John Friedberg

Personal information
- Born: March 9, 1961 (age 65) Baltimore, Maryland, United States

Sport
- Country: United States
- Sport: Fencing
- Event: Saber
- College team: University of North Carolina
- Now coaching: Fencing Club of Mercer County in New Jersey

Achievements and titles
- Olympic finals: 1992 U.S. Sabre Team Member

Medal record
Representing United States
Pan American Games
| Gold medal – first place | 1995 Mar del Plata | Team sabre |
| Silver medal – second place | 1991 Havana | Team sabre |

= John Friedberg =

American fencer

John Merrill Friedberg (born March 9, 1961) is an American Olympic saber fencer.

==Early and personal life==
Friedberg was born in Baltimore, Maryland, and is Jewish. He is the younger brother of Olympic fencer Paul Friedberg. He lives in Robbinsville Township, New Jersey.

==Fencing career==
Friedberg fenced for the University of North Carolina, took second in the NCAA Saber Championship in 1982, and won it as a senior in 1983. He was a three-time All American.
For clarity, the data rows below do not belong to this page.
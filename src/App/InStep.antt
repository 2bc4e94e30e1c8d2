-- ===== src/App/InStep.antt =====
-- The record of operations of the local database beside the version of its copy in the vault, as
-- internal/app/app.go compares them.
use bt_go.Prelude.{
  ℕ, ◌≤◌, ◌≡◌, refl, sym, ◌∙◌, ap, [], Text, Bytes, length, Result, ok, err, Act, reads, continue,
  ◌>>=◌, Bool-cases, Option-cases, inl, inr, ◌==◌,
}
use bt_go.Models.{FileSnapshot, Directory}
use bt_go.Database.Queries.{largest}
use bt_go.Database.Sqlite.{Sources, find_content_by_checksum, find_directory_by_id}
use bt_go.Database.Keeping.{log_of, create_file_snapshot_and_content-KeepsLog}
use bt_go.Vault.{Vault}
use bt_go.Vault.Metadata.{MetadataStorage}
use bt_go.Encryption.{Encryptor}
use bt_go.Service.Backup.{
  Backend, on_vault, backup_file, backup_new, upload, upload_plain, upload_encrypted,
  encrypt_content, stamp, record_snapshot,
}
use bt_go.App.{db_name}

-- The largest id is not above the last one that was given out, and the vault's version of the
-- database is not above the largest id.
pub record InStep {V : Type 0} (vault : Vault V) (host_id : Text) (w : Backend V) : Type 0 where
  pub given : largest w.db.tables.backup_operations ≤ w.db.tables.sequence
  pub remote :
      (r : ℕ)
      → vault.get_metadata_version host_id db_name w.stored ≡ ok r
      → r ≤ largest w.db.tables.backup_operations

module _ {V : Type 0} (vault : Vault V) (host_id : Text) where
  -- An action that changes neither the record of operations nor the version in the vault.
  abbrev pub Steady : {A : Type 0} → Act (Backend V) A → Type 0
  Steady m =
      (w : Backend V)
      → (log_of (m w).1.db.tables ≡ log_of w.db.tables)
        × (vault.get_metadata_version host_id db_name (m w).1.stored
            ≡ vault.get_metadata_version host_id db_name w.stored)

  module _ {A B : Type 0} where
    pub Steady-bind :
        (m : Act (Backend V) A) (f : A → Act (Backend V) B)
        → Steady m
        → ((a : A) → Steady (f a))
        → Steady (m >>= f)
    Steady-bind m f h k w = go (m w).0 (m w).1 (h w)
      where
        go :
            (r : Result A) (after : Backend V)
            → (log_of after.db.tables ≡ log_of w.db.tables)
              × (vault.get_metadata_version host_id db_name after.stored
                  ≡ vault.get_metadata_version host_id db_name w.stored)
            → (log_of (continue r f after).1.db.tables ≡ log_of w.db.tables)
              × (vault.get_metadata_version host_id db_name (continue r f after).1.stored
                  ≡ vault.get_metadata_version host_id db_name w.stored)
        go (ok a) after (l, v) = ((k a after).0 ∙ l, (k a after).1 ∙ v)
        go (err e) after (l, v) = (l, v)

  -- What is in step stays so.
  pub steady-InStep :
      (w after : Backend V)
      → (log_of after.db.tables ≡ log_of w.db.tables)
        × (vault.get_metadata_version host_id db_name after.stored
            ≡ vault.get_metadata_version host_id db_name w.stored)
      → InStep vault host_id w
      → InStep vault host_id after
  steady-InStep w after (l, v) i =
      let ops = ap (λ p. largest p.0) l in
      let seq = ap (λ p. p.1) l in
      record { given = rw (ops, seq) i.given; remote = λ r h. rw ops (i.remote r (sym v ∙ h)) }

module _ {V : Type 0} (vault : Vault V) (sha256_hex : Bytes → Text) (encryptor : Encryptor)
    (db_sources sources : Sources) (host_id : Text) (meta : MetadataStorage vault) where
  record_snapshot-Steady :
      (d r : Text) (s : FileSnapshot) (e : Text)
      → Steady vault host_id (record_snapshot vault sha256_hex encryptor db_sources sources d r s e)
  record_snapshot-Steady d r s e w =
      (create_file_snapshot_and_content-KeepsLog db_sources d r s e w.db, refl)

  stamp-Steady :
      (s : FileSnapshot)
      → Steady vault host_id (stamp vault sha256_hex encryptor db_sources sources s)
  unfolding stamp
  stamp-Steady s w = (refl, refl)

  put-Steady :
      (c : Text) (r : Result Bytes) (n : ℕ)
      → Steady vault host_id (on_vault (vault.put_content c r n))
  put-Steady c r n w = (refl, meta.content_version w.stored host_id db_name c r n)

  upload_plain-Steady :
      (b : Bytes) (s : FileSnapshot) (d r : Text)
      → Steady vault host_id (upload_plain vault sha256_hex encryptor db_sources sources b s d r)
  unfolding upload_plain
  upload_plain-Steady b s d r =
      Steady-bind vault host_id (on_vault (vault.put_content s.content_id (ok b) s.size)) _
        (put-Steady s.content_id (ok b) s.size) (λ _. record_snapshot-Steady d r s [])

  upload_encrypted-Steady :
      (b : Bytes) (s : FileSnapshot) (d r : Text)
      → Steady vault host_id
          (upload_encrypted vault sha256_hex encryptor db_sources sources b s d r)
  unfolding upload_encrypted encrypt_content
  upload_encrypted-Steady b s d r =
      Steady-bind vault host_id (encrypt_content vault sha256_hex encryptor db_sources sources b) _
        (λ w. (refl, refl))
        (λ cipher.
          Steady-bind vault host_id
            (on_vault (vault.put_content (sha256_hex cipher) (ok cipher) (length cipher))) _
            (put-Steady (sha256_hex cipher) (ok cipher) (length cipher))
            (λ _. record_snapshot-Steady d r s (sha256_hex cipher)))

  upload-Steady :
      (b : Bytes) (dir : Directory) (s : FileSnapshot) (d r : Text)
      → Steady vault host_id (upload vault sha256_hex encryptor db_sources sources b dir s d r)
  unfolding upload
  upload-Steady b dir s d r = elim (Bool-cases (dir.encrypted == 0)) [
    | inl e ↦ rw e (upload_plain-Steady b s d r)
    | inr e ↦ rw e (upload_encrypted-Steady b s d r)
  ]

  backup_new-Steady :
      (b : Bytes) (s : FileSnapshot) (d r : Text)
      → Steady vault host_id (backup_new vault sha256_hex encryptor db_sources sources b s d r)
  unfolding backup_new
  backup_new-Steady b s d r =
      Steady-bind vault host_id (reads (λ w. find_directory_by_id d w.db)) _ (λ w. (refl, refl))
        (λ found. elim (Option-cases found) [
          | inl e ↦ rw e (λ w. (refl, refl))
          | inr (dir, e) ↦ rw e (
              Steady-bind vault host_id (stamp vault sha256_hex encryptor db_sources sources s)
                (λ t. upload vault sha256_hex encryptor db_sources sources b dir t d r)
                (stamp-Steady s) (λ t. upload-Steady b dir t d r))
        ])

  -- The callback of the backup.
  pub backup_file-Steady :
      (b : Bytes) (s : FileSnapshot) (d r : Text)
      → Steady vault host_id (backup_file vault sha256_hex encryptor db_sources sources b s d r)
  unfolding backup_file
  backup_file-Steady b s d r =
      Steady-bind vault host_id (reads (λ w. find_content_by_checksum s.content_id w.db)) _
        (λ w. (refl, refl))
        (λ existing. elim (Option-cases existing) [
          | inl e ↦ rw e (backup_new-Steady b s d r)
          | inr (x, e) ↦ rw e (
              Steady-bind vault host_id (stamp vault sha256_hex encryptor db_sources sources s)
                (λ t. record_snapshot vault sha256_hex encryptor db_sources sources d r t [])
                (stamp-Steady s) (λ t. record_snapshot-Steady d r t []))
        ])
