-- ===== src/Encryption/Age.antt =====
-- internal/encryption/age.go: the encryptor on the age library.
--
-- The library is a parameter. The n-th call that draws randomness is told n. The key files are a
-- map from paths; directories are made as needed, and a file can be written. An encryption that
-- fails has written nothing.
pub mod Setup
use bt_go.Prelude.{
  ℕ, suc, Bool, true, false, ◌&&◌, Option, none, some, List, [], ◌∷◌, ◌++◌, Text, Bytes, codes,
  Assoc, lookup, insert, Result, ok, err, not_found, bad_key_file, no_identity, Act,
}
use bt_go.Encryption.{Encryptor, DecryptionContext}

-- filippo.io/age: the type of X25519 identities, and the interfaces Identity and Recipient, which
-- these, their public keys and the passphrases implement.
pub record Age (X25519 Identity Recipient : Type 0) : Type 0 where
  pub generate : ℕ → Result X25519
  pub recipient : X25519 → Recipient
  pub identity : X25519 → Identity
  pub recipient_string : X25519 → Text
  pub identity_string : X25519 → Text
  pub parse_recipients : Bytes → Result (List Recipient)
  pub parse_identities : Bytes → Result (List Identity)
  pub scrypt_recipient : Text → Result Recipient
  pub scrypt_identity : Text → Result Identity
  pub encrypt : ℕ → Recipient → Bytes → Result Bytes
  pub decrypt : Identity → Bytes → Result Bytes

pub record AgeEncryptor : Type 0 where
  pub public_key_path : Text
  pub private_key_path : Text

abbrev pub line : Text → Bytes
line text = text ++ (10 ∷ [])

abbrev pub read_key : Text → Assoc Bytes → Result Bytes
read_key path files = elim (lookup path files) [ none ↦ err not_found | some b ↦ ok b ]

-- os.Stat finds the file.
abbrev pub is_there : Option Bytes → Bool
is_there none = false
is_there (some b) = true

-- The first entry of a key file.
abbrev pub first_entry : {A : Type 0} → Result (List A) → Result A
first_entry (err e) = err e
first_entry (ok []) = err no_identity
first_entry (ok (a ∷ rest)) = ok a

module _ {X I R : Type 0} (age : Age X I R) (e : AgeEncryptor) where
  -- The private key, behind the passphrase; `n` counts the calls that draw randomness.
  unfoldable pub write_private_key : ℕ → Text → X → Act (Assoc Bytes) (Unit {0})
  write_private_key n passphrase identity files = elim (age.scrypt_recipient passphrase) [
    | err x ↦ (err x, insert e.private_key_path [] files)
    | ok r ↦ elim (age.encrypt (suc n) r (line (age.identity_string identity))) [
      | err x ↦ (err x, insert e.private_key_path [] files)
      | ok cipher ↦ (ok tt, insert e.private_key_path cipher files)
    ]
  ]

  unfoldable pub setup : ℕ → Text → Act (Assoc Bytes) (Unit {0})
  unfolding write_private_key
  setup n passphrase files = elim (age.generate n) [
    | err x ↦ (err x, files)
    | ok identity ↦
        write_private_key n passphrase identity
          (insert e.public_key_path (line (age.recipient_string identity)) files)
  ]

  unfoldable pub load_recipient : Assoc Bytes → Result R
  load_recipient files = elim (read_key e.public_key_path files) [
    | err x ↦ err x
    | ok data_read ↦ first_entry (age.parse_recipients data_read)
  ]

  -- The recipient is loaded before the reader is read.
  unfoldable pub encrypt : Assoc Bytes → ℕ → Result Bytes → Result Bytes
  unfolding load_recipient
  encrypt files n reader = elim (load_recipient files) [
    | err x ↦ err x
    | ok r ↦ elim reader [ err x ↦ err x | ok b ↦ age.encrypt n r b ]
  ]

  abbrev pub age_encryptor : Assoc Bytes → Encryptor
  age_encryptor files = record { encrypt = encrypt files }

  unfoldable pub decrypt : I → Result Bytes → Result Bytes
  decrypt identity reader = elim reader [ err x ↦ err x | ok b ↦ age.decrypt identity b ]

  abbrev pub age_decryption_context : I → DecryptionContext
  age_decryption_context identity = record { decrypt = decrypt identity }

  -- The identity behind the passphrase.
  unfoldable pub open_identity : Text → Bytes → Result I
  open_identity passphrase private_data = elim (age.scrypt_identity passphrase) [
    | err x ↦ err x
    | ok s ↦ elim (age.decrypt s private_data) [
      | err x ↦ err x
      | ok key_data ↦ first_entry (age.parse_identities key_data)
    ]
  ]

  unfoldable pub unlock : Text → Assoc Bytes → Result DecryptionContext
  unfolding open_identity
  unlock passphrase files = elim (read_key e.private_key_path files) [
    | err x ↦ err x
    | ok private_data ↦ elim (open_identity passphrase private_data) [
      | err x ↦ err x
      | ok identity ↦ ok (age_decryption_context identity)
    ]
  ]

  unfoldable pub is_configured : Assoc Bytes → Bool
  is_configured files =
      is_there (lookup e.public_key_path files) && is_there (lookup e.private_key_path files)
Friedberg won silver medal in team sabre at the 1991 Pan American Games and gold in the 1995 Pan American Games.

He competed in the team sabre event at the 1992 Summer Olympics. Friedberg came in second in the 1993 US Championship in sabre, and won the 1994 US Championship in sabre.

Friedberg founded and is head coach of the Fencing Club of Mercer County in New Jersey.